This is an intricately woven story of faith and love, which is full of contrasts. Matthew is trying to get our attention so he can teach us something. Initially Jesus does not sound like Jesus at all. He sides with the disciples who are saying, “Get rid of her.” He says to her, "I was sent only to the lost sheep of the house of Israel" (15:24). But a question arises here. Was Jesus talking the woman when he said that or to the disciples? Who are these “lost sheep”? The disciples at the time thought Jesus meant Jews, but the woman is not deterred when Jesus does not reply to her. She persists in her pleas for help, addressing him again as "Lord." Still Jesus seems to add to the rejection. Now he speaks to her directly with a comment about the injustice of throwing to the "dogs" what belongs to the children (15:26). That is the comment we do not like. What is Jesus thinking?

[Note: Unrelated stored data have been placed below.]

-- ===== src/Tests/Service.antt =====
-- Witnesses for the answers to requests and for the life of the plugin.
use mathlib.Core.Option
use docker_network_dhcp.Base.{
  ◌≡◌, refl, ◌↔◌, true, false, none, some, [], ◌∷◌, GoString, go, All, map, GoString-discrete,
}
use docker_network_dhcp.Base.GoMap.{lookup, insert, values}
use docker_network_dhcp.Util.Errors.{other, error_text, bad_request}
use docker_network_dhcp.Util.Outcome.{Outcome, ok, err, Act}
use docker_network_dhcp.Util.Json.{Writer}
use docker_network_dhcp.Util.Json.Laws.{HasStatus}
use docker_network_dhcp.Plugin.Disk.{Disk}
use docker_network_dhcp.Plugin.Disk.Atomic.{begin}
use docker_network_dhcp.Plugin.State.{
  state_file, networks_file, stamp, upgrade, index_state, load_state, load_networks, save_state,
}
use docker_network_dhcp.Plugin.Types.{Plugin, CreateNetworkRequest}
use docker_network_dhcp.Plugin.Env.{Sys}
use docker_network_dhcp.Plugin.Network.{create_network}
use docker_network_dhcp.Base.Keyed.{SameElements}
use docker_network_dhcp.Plugin.Leave.{join_begin}
use docker_network_dhcp.Plugin.Manager.Start.{Held}
use docker_network_dhcp.Plugin.Api.{Wire, Exchange, empty, answer, healthz, patterns, serve}
use docker_network_dhcp.Plugin.Api.Laws.{IsFaulty, answer-bad_request}
use docker_network_dhcp.Plugin.Api.Once.{AnswersOnce, serve-AnswersOnce}
use docker_network_dhcp.Plugin.Service.{
  fresh_plugin, new_plugin, served, begun, moved, Reach, here, next,
}
use docker_network_dhcp.Plugin.Table.{add_entry}
use docker_network_dhcp.Plugin.Service.Actions.{WellFormed}
use docker_network_dhcp.Plugin.Service.Sections.{Sections, adds, none_yet, then_one}
use docker_network_dhcp.Plugin.Service.Invariant.{reachable-WellFormed}
use docker_network_dhcp.Plugin.Service.Restart.{restart_keeps}
use docker_network_dhcp.Tests.World.{
  World, the_join, the_request, the_endpoint, the_network, endpoint_id, net_id,
}
use docker_network_dhcp.Tests.Sandbox.{box, held_sim, nothing_held, restarted}
use docker_network_dhcp.Tests.Codecs.{unary, unary-IsLossless, quiet, quiet-IsQuiet}

-- An empty body does not parse, and any other is the same request.
abbrev pub parses : {A : Type 0} → A → GoString → Outcome A
parses a [] = err (other (go "EOF"))
parses a (x ∷ xs) = ok a

abbrev pub creation : CreateNetworkRequest
creation = record { network_id = net_id; options = []; ipv4_data = [] }

abbrev pub json : GoString
json = go "{}"

abbrev pub wire : Wire
wire = record {
  create_network_request = parses creation;
  delete_network_request = parses net_id;
  create_endpoint_request =
      parses (record { network_id = net_id; endpoint_id = endpoint_id; interface = none });
  endpoint_request = parses the_request;
  join_request = parses the_join;
  capabilities_response = λ r. ok json;
  empty_response = ok json;
  create_endpoint_response = λ r. ok json;
  info_response = λ r. ok json;
  join_response = λ r. ok json;
  healthz_response = λ r. ok json;
  json_error = λ e. ok (error_text e);
  not_found = λ w. w;
}

abbrev blank : Writer
blank = record { content_type = []; statuses = []; body = [] }

abbrev exchange : Exchange (Held World)
exchange = record { sys = restarted; writer = blank }

abbrev pub no_docker : Act (Held World) (Unit {0})
no_docker h = (err (other (go "connection refused")), h)

answer-bad_request_example :
    HasStatus
      (answer wire (parses creation) (create_network held_sim) (empty wire) [] exchange).1.writer
      bad_request
    ↔ IsFaulty wire
        (empty wire)
        (λ e. (error_text e, refl))
        (create_network held_sim)
        (parses creation [])
        restarted
answer-bad_request_example =
    answer-bad_request wire (empty wire) (λ e. (error_text e, refl)) (create_network held_sim)
      (parses creation) [] exchange refl

healthz_path : lookup (go "/healthz") patterns ≡ some healthz
unfolding lookup patterns go GoString-discrete
healthz_path = refl

serve-AnswersOnce_example :
    AnswersOnce
      (serve held_sim wire no_docker false (go "/healthz") [] exchange).0
      (serve held_sim wire no_docker false (go "/healthz") [] exchange).1.writer
serve-AnswersOnce_example =
    serve-AnswersOnce held_sim wire no_docker false (go "/healthz") [] healthz exchange healthz_path
      refl

-- A disk with the record of one endpoint, and with no file of networks.
abbrev one_record : Disk
one_record = record {
  dir = true;
  files = (state_file, record { mode = 384; content = 0 ∷ 1 ∷ []; synced = true }) ∷ [];
}

abbrev pub started : Sys (Held World)
started = record {
  plugin = fresh_plugin ((endpoint_id, the_endpoint) ∷ []) [];
  world = nothing_held;
}

starts :
    new_plugin (unary the_endpoint) (unary the_network) (ok tt) none none one_record
    ≡ ok started.plugin
unfolding new_plugin load_state load_networks state_file networks_file index_state upgrade lookup
    insert go GoString-discrete
starts = refl

-- A CreateNetwork, and then the world moves on.
abbrev after_request : Sys (Held World)
after_request =
    (serve held_sim wire no_docker false (go "/NetworkDriver.CreateNetwork") json
      (record { sys = started; writer = blank })).1.sys

abbrev later :
    Reach held_sim box wire no_docker started (record after_request { world = nothing_held })
later =
    next (next here (served false (go "/NetworkDriver.CreateNetwork") json blank))
      (moved nothing_held)

-- And then a section of another request.
reachable-WellFormed_example :
    Sections started.plugin after_request.plugin
    × WellFormed (add_entry the_endpoint after_request.plugin)
reachable-WellFormed_example =
    reachable-WellFormed held_sim box wire no_docker (unary the_endpoint) (unary the_network)
      (ok tt) none none one_record started (record after_request { world = nothing_held })
      (add_entry the_endpoint after_request.plugin) starts later
      (then_one none_yet (adds the_endpoint))

-- The goroutine of a Join has begun.
abbrev joining : Sys (Held World)
joining = join_begin held_sim endpoint_id 9 started

same_listing : SameElements (values joining.plugin.state) (values joining.plugin.state)
same_listing e = (λ i. i, λ i. i)

writable : All (λ e. e ≡ the_endpoint) (map stamp (values joining.plugin.state))
unfolding values stamp join_begin fresh_plugin
writable = (refl, tt)

restart_keeps_example :
    (p : Plugin) × (new_plugin
        (unary the_endpoint)
        (unary the_network)
        (ok tt)
        none
        none
        (save_state quiet
          (unary the_endpoint)
          (λ es. es)
          joining.plugin.state
          (begin one_record)).1.disk
      ≡ ok p)
    × ((k : GoString) → lookup k p.state ≡ Option.map stamp (lookup k joining.plugin.state))
    × (p.persistent_dhcp ≡ [])
restart_keeps_example =
    restart_keeps held_sim box wire no_docker (unary the_endpoint) (unary the_network) (ok tt) none
      none none one_record one_record started joining quiet (λ es. es) starts
      (next here (begun endpoint_id 9)) quiet-IsQuiet (unary-IsLossless the_endpoint) same_listing
      writable (λ text p. cc)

But Matthew is setting the scene for an astounding reversal. The most important thing for us to hear is not what Jesus says, but what the woman says! The point of the story is her wondrously strange and persistent faith that stands its ground against all opposition. This woman is not to be put off, and, against all the signs of apparent hopelessness, she doggedly keeps on, keeping on. She persistently seeks the Lord's help, even if it is only to be in those meager crumbs that might fall from the master's table. And in the wonderful surprise that is the miracle of faith, she meets the gracious healing power of God's Messiah.

Several times in Matthew's Gospel, Jesus has chastised the "little faith" of these disciples, but here is the only place in the whole gospel that he speaks of a “Great Faith.” Jesus praises the "great faith" of this woman and commands that her plea be granted. No sooner are the words spoken than it is done. We are told that the woman's daughter is healed instantly . As if in response to this "great faith," in the verses that follow today's lesson, Jesus breaks out in healings that amaze the crowds and call forth the praises of God (15:29-31).

So we learn one thing from the Canaanite woman. She had an unwavering, persistent faith.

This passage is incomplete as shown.